С ужасным воем и свистом приближался смертельный ураган к русской батареи, заставляя трепетать сердца и души её защитников, но ни один из них в страхе перед смертью не оставил своего места. Гулко ударили вражеские бомбы, ложась к огромной радости русских артиллеристов с большим недолетом до них. Словно сбросив с себя испуг и долгое ожидание, ожили и заговорили все батареи Севастополя. Вместе с Александровской грохотали Константиновская, Николаевская, Михайловская, Павловская батареи. Вслед им по врагу открыли огонь 10, 12 и 13 батареи, стремясь не отстать от своих именитых соседей. Настала та долгожданная и ответственная минута испытания, ради которой и создавались все эти мощные укрепления города.
Перестрелка между сторонами была настолько интенсивной, что время от времени то одной, то другой стороне приходилось прекращать огонь, чтобы дать возможность густым клубам пороха осесть, после чего огонь возобновлялся.
Вскоре выяснилось, что продуктивный огонь по французам может вести только Александровская, Константиновская батарея, а так же три номерные батареи. Орудия всех остальных укреплений были приведены к молчанию, в виду малоэффективности их огня.
Невозмутимо, стоя возле самого батарейного бруствера, и поглядывая на вражеские корабли в подзорную трубу, Ардатов тем ни менее с замиранием сердца ожидал, что после каждого нового залпа врага, на батарее должно было случиться что-то ужасное. Или рухнет наружная стена, или взорвется пушка, или, чего еще хуже, пороховой погреб. Однако минута проходила за минутой, но все то, что столь четко представлял себе граф, почему-то не происходило.

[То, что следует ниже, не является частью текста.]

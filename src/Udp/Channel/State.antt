-- ===== src/Udp/Channel/State.antt =====
-- The state of a channel, its constants and what it does with one packet that is pending.
use tunshell_mcp_agents.Prelude.{
  ℕ, ◌+◌, ◌-◌, ◌/◌, max, List, [], ◌∷◌, Option, none, some, Bool, true, false, ◌&&◌, not, ltb,
  nat_eq, if◌then◌else◌, replicate, select,
}
use tunshell_mcp_agents.Assoc.{Assoc}
use tunshell_mcp_agents.Udp.Bytes.{Bytes}
use tunshell_mcp_agents.Udp.Packet.{UdpPacketType, data_fragment, close, udp_header_size, write}
use tunshell_mcp_agents.Udp.Candidates.{Endpoint}
use tunshell_mcp_agents.Udp.Reassembler.{FragmentReassembler}

abbrev pub min_cwnd : ℕ
min_cwnd = 4

abbrev pub init_cwnd : ℕ
init_cwnd = 32

abbrev pub max_cwnd : ℕ
max_cwnd = 4096

abbrev pub dupack_threshold : ℕ
dupack_threshold = 3

pub data SendError : Type 0 where
  closed_channel crypto invalid_packet message_too_large : SendError

pub record PendingPacket : Type 0 where
  pub content : Bytes
  pub sequence : ℕ
  pub sent_at : ℕ
  pub retries : ℕ
  pub fast_rtx : Bool

pub data ChannelState : Type 0 where
  disconnected offering answering probing connected fallback closed : ChannelState

pub record UdpConfig : Type 0 where
  pub probe_timeout_ms : ℕ
  pub probe_interval_ms : ℕ
  pub max_probe_attempts : ℕ
  pub keepalive_interval_ms : ℕ
  pub rto_ms : ℕ
  pub max_retransmissions : ℕ

-- `Cipher` of crypto.rs: encryption draws a nonce, which is its first argument here.
pub record Cipher : Type 0 where
  pub encrypt_bytes : ℕ → Bytes → Option Bytes
  pub decrypt_bytes : Bytes → Option Bytes

-- The smoothed round trip: `update_rtt` and `current_rto`.
pub record RttEstimator (E : Type 0) : Type 0 where
  pub update_rtt : E → ℕ → E
  pub current_rto : E → ℕ → ℕ

pub record UdpChannel (E : Type 0) : Type 0 where
  pub peer_endpoint : Option Endpoint
  pub state : ChannelState
  pub send_seq : ℕ
  pub pending : Assoc ℕ PendingPacket
  pub delivered : List Bytes
  pub frag_msg_id : ℕ
  pub reassembler : FragmentReassembler
  pub cwnd : ℕ
  pub rtt : E

-- `send_to`: the bytes and where they go.
pub record Datagram : Type 0 where
  pub content : Bytes
  pub to : Endpoint

abbrev pub is_connected : ChannelState → Bool
is_connected connected = true
is_connected _ = false

-- What `send_reliable` hands to `send_reliable_packet`, one after the other.
pub data Sending (E : Type 0) : Type 0 where
  fails : SendError → Sending E
  sends : UdpChannel E → List (UdpPacketType × Bytes) → Endpoint → Sending E

abbrev pub halve : ℕ → ℕ
halve cwnd = max (cwnd / 2) min_cwnd

-- A header alone.
unfoldable pub control_packet : UdpPacketType → ℕ → Bytes
control_packet t seq =
    write (record { packet_type = t; sequence = seq; payload_len = 0 })
      (replicate udp_header_size 0)

abbrev pub as_fragment : Bytes → UdpPacketType × Bytes
as_fragment payload = (data_fragment, payload)

unfoldable pub is_lost : ℕ → PendingPacket → Bool
is_lost acked pkt =
    not pkt.fast_rtx && (ltb pkt.sequence acked && ltb dupack_threshold (acked - pkt.sequence))

unfoldable pub fast_retransmit : ℕ → ℕ → PendingPacket → PendingPacket
unfolding is_lost
fast_retransmit now acked pkt =
    if is_lost acked pkt
    then record pkt { fast_rtx = true; retries = pkt.retries + 1; sent_at = now }
    else pkt

abbrev pub on_value : (PendingPacket → PendingPacket) → ℕ × PendingPacket → ℕ × PendingPacket
on_value f p = (p.0, f p.1)

unfoldable pub lost_packets : ℕ → Assoc ℕ PendingPacket → List (ℕ × PendingPacket)
unfolding is_lost
lost_packets acked pending = select (λ p. is_lost acked p.1) pending

abbrev pub is_none_lost : List (ℕ × PendingPacket) → Bool
is_none_lost [] = true
is_none_lost (p ∷ ps) = false

abbrev pub answer : UdpPacketType → ℕ → Endpoint → List Datagram
answer t seq from = record { content = control_packet t seq; to = from } ∷ []

abbrev pub is_closed : ChannelState → Bool
is_closed closed = true
is_closed _ = false

unfoldable pub is_expired : ℕ → ℕ → PendingPacket → Bool
is_expired now rto pkt = ltb rto (now - pkt.sent_at)

abbrev pub close_packets : Option Endpoint → List Datagram
close_packets none = []
close_packets (some peer) = record { content = control_packet close 0; to = peer } ∷ []
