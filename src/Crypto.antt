-- ===== src/Crypto.antt =====
-- crates/shared/src/crypto.rs: the envelope of the end-to-end encryption and the key of a room.
-- SHA-256, AES-GCM, base64, UTF-8 and the random numbers are parameters; a text is its characters.
pub mod Envelope
pub mod RoomKey
mod Examples
use tunshell_mcp_agents.Prelude.{
  ℕ, ◌/◌, ◌%◌, ◌+◌, List, [], ◌∷◌, ◌++◌, Option, ◌⊎◌, inl, inr, none, some, ltb, if◌then◌else◌,
  length, take, drop, concat, map,
}
use tunshell_mcp_agents.Safety.Words.{Text, text}
use tunshell_mcp_agents.Udp.Bytes.{Bytes}
use tunshell_mcp_agents.Udp.Channel.State

-- The third-party functions, `none` for an error; `draw` is the nonce that the generator fills for a call.
pub record Primitives : Type 0 where
  pub sha256 : Bytes → Bytes
  pub aead_encrypt : Bytes → Bytes → Bytes → Option Bytes
  pub aead_decrypt : Bytes → Bytes → Bytes → Option Bytes
  pub base64_encode : Bytes → Text
  pub base64_decode : Text → Option Bytes
  pub to_utf8 : Text → Bytes
  pub from_utf8 : Bytes → Option Text
  pub draw : ℕ → Bytes

abbrev pub nonce_len : ℕ
nonce_len = 12

abbrev pub tag_len : ℕ
tag_len = 16

pub data CryptoError : Type 0 where
  encrypt decrypt encoding too_short : CryptoError

pub record Cipher : Type 0 where
  pub key : Bytes

abbrev pub hex_digit : ℕ → ℕ
hex_digit d = if ltb d 10 then 48 + d else 87 + d

-- `{:02x}`
abbrev pub hex_byte : ℕ → Text
hex_byte b = hex_digit (b / 16) ∷ hex_digit (b % 16) ∷ []

-- What is hashed for a room: `remote-agents-room/v1:{room}:{token}`.
unfoldable pub room_input : Text → Text → Text
room_input room token = text "remote-agents-room/v1:" ++ (room ++ 58 ∷ token)

-- `map_err(|_| CryptoError::Decrypt)`
abbrev pub or_decrypt : Option (List ℕ) → CryptoError ⊎ List ℕ
or_decrypt none = inl decrypt
or_decrypt (some x) = inr x

-- `Result::ok`
abbrev pub result_ok : CryptoError ⊎ Bytes → Option Bytes
result_ok (inl e) = none
result_ok (inr x) = some x

abbrev pub envelope : Bytes → Option Bytes → CryptoError ⊎ Bytes
envelope nonce none = inl encrypt
envelope nonce (some ciphertext) = inr (nonce ++ ciphertext)

module _ (lib : Primitives) where
  unfoldable pub room_key : Text → Text → Text
  unfolding room_input
  room_key room token = concat (map hex_byte (lib.sha256 (lib.to_utf8 (room_input room token))))

  unfoldable pub from_passphrase : Text → Cipher
  from_passphrase passphrase = record { key = take 32 (lib.sha256 (lib.to_utf8 passphrase)) }

  abbrev pub token_passphrase : Text → Text
  token_passphrase token = text "remote-agents/v1:" ++ token

  unfoldable pub for_transport : Text → Option Text → Cipher
  unfolding from_passphrase
  for_transport token none = from_passphrase (token_passphrase token)
  for_transport token (some []) = from_passphrase (token_passphrase token)
  for_transport token (some (c ∷ k)) = from_passphrase (c ∷ k)

  -- The call number stands for the state of the random number generator.
  unfoldable pub encrypt_bytes : Cipher → ℕ → Bytes → CryptoError ⊎ Bytes
  encrypt_bytes cipher call plaintext =
      let nonce = lib.draw call in envelope nonce (lib.aead_encrypt cipher.key nonce plaintext)

  unfoldable pub decrypt_bytes : Cipher → Bytes → CryptoError ⊎ Bytes
  decrypt_bytes cipher raw =
      if ltb (length raw) (nonce_len + tag_len)
      then inl too_short
      else or_decrypt (lib.aead_decrypt cipher.key (take nonce_len raw) (drop nonce_len raw))

  abbrev pub encoded : CryptoError ⊎ Bytes → CryptoError ⊎ Text
  encoded (inl e) = inl e
  encoded (inr raw) = inr (lib.base64_encode raw)

  unfoldable pub encrypt_str : Cipher → ℕ → Text → CryptoError ⊎ Text
  unfolding encrypt_bytes
  encrypt_str cipher call s = encoded (encrypt_bytes cipher call (lib.to_utf8 s))

  unfoldable pub as_text : CryptoError ⊎ Bytes → CryptoError ⊎ Text
  as_text (inl e) = inl e
  as_text (inr bytes) = or_decrypt (lib.from_utf8 bytes)

  unfoldable pub decrypt_decoded : Cipher → Option Bytes → CryptoError ⊎ Bytes
  unfolding decrypt_bytes
  decrypt_decoded cipher none = inl encoding
  decrypt_decoded cipher (some raw) = decrypt_bytes cipher raw

  unfoldable pub decrypt_str : Cipher → Text → CryptoError ⊎ Text
  unfolding decrypt_decoded as_text
  decrypt_str cipher s = as_text (decrypt_decoded cipher (lib.base64_decode s))

  -- The cipher that a UDP channel is given.
  unfoldable pub transport : Cipher → State.Cipher
  unfolding encrypt_bytes decrypt_bytes
  transport cipher = record {
    encrypt_bytes = λ call plaintext. result_ok (encrypt_bytes cipher call plaintext);
    decrypt_bytes = λ raw. result_ok (decrypt_bytes cipher raw);
  }
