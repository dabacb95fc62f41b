-- ===== src/Crypto/RoomKey.antt =====
-- The room and the token are told apart by one colon only.
use tunshell_mcp_agents.Prelude.{◌≡◌, ◌++◌, ◌∷◌, append_assoc, refl}
use tunshell_mcp_agents.Safety.Words.{Text}
use tunshell_mcp_agents.Crypto.{Primitives, room_input, room_key}

-- A room whose name holds a colon shares its key with another room: the part of the name after the
-- colon may as well stand at the front of the token.
pub room_key-collides :
    (lib : Primitives) (r x t : Text) → room_key lib (r ++ 58 ∷ x) t ≡ room_key lib r (x ++ 58 ∷ t)
unfolding room_key room_input
room_key-collides lib r x t = rw (append_assoc r (58 ∷ x) (58 ∷ t)) refl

Да, конечно на батареях были взрывы, и он сам лично видел, как спешно уносили в лазарет раненых и складывали в сторону окровавленные тела убитых. Но все это, на фоне сноровистой суеты орудийной прислуги, уверенных команд наводчиков, казалось Ардатову не таким уж и ужасным. Тяжелые мысли сразу отошли на задний план и, ощутив себя единым целым вместе с гарнизоном батареи, граф с большей уверенностью стал наблюдать за сражением.
Вместе со всеми в едином порыве он радовался любому попаданию во вражеский корабль, громко хваля меткость артиллеристов, хотя в страшном грохоте, который обрушился на батарею, его почти никто и не слышал.
Когда на "Виль де Пари" вспыхнул сильный пожар и французские буксиры, попытались оттащить его в море, прочь от губительного огня русских, Ардатов азартно кричал "Так его, так!" и обещал артиллеристам лишнюю чарку, если попадут в этого сукина сына еще раз. Вскоре его желание сбылось.
Огромный стодвенадцати пушечный корабль поспешно покидал поле боя с большим креном на правый бок, густым столбом черного дыма на юте и двумя сбитыми мачтами, безжизненно свесившимися вдоль борта. "Виль де Пари" с большим трудом удалось подвести к берегу и благодаря своевременному затоплению противоположного борта, команда смогла выправить опасный крен, предотвратив опрокидывание корабля. После долгой борьбы мужественный экипаж сумел погасить пожар, не допустив огонь к пороховому погребу, однако после этого корабль требовал срочного и длительного ремонта. Отправленный на буксире в Константинополь, он попал в шторм и затонул вместе со своей малочисленной командой.
Вслед за ним оставили поле боя "Наполеон" и "Шарлемань" - главные паровые корабли французской эскадры. У первого была серьезная подводная пробоина, а у второго была повреждена машина, и он не мог самостоятельно добраться до берега. Несмотря на эти потери, французы не собирались отступать. Место выбывшего флагмана занял стодвадцати пушечный "Вальми", а вместо "Виль де Пари" головным первой линии стал аналогичный по вооружению "Фридлянд".
Казалось, что имея явное превосходство в количестве пушек, французы уже давно должны были привести к молчанию русские батареи, однако час, проходил за часом, а берег продолжал огрызаться огнем, чей накал ни на минуту не ослабевал. Севастопольский орешек, оказался явно не по зубам императорским канонирам.
Всего чего они смогли добиться, это приведения к молчанию трех орудий и повреждению лафетов у шести пушек десятой батареи. На Александровской батарее их успехи были еще скромнее - разбито три орудия и повреждены лафеты у двух из пятидесяти восьми расположенных там пушек.
"Вальми", на котором русские сосредоточили свой огонь после ухода флагманов, получил двадцать одну пробоину и утратил часть такелажа. "Фридлянд" отделался четырьмя пробоинами, но зато потерял восемь орудий главного калибра. Другие корабли французской эскадры, в отличие от турков, так же получили повреждения различной степени тяжести и их общие потери составили 253 человека. На турецкие корабли русские артиллеристы вообще не обращали внимания и их потери составили всего трое раненых.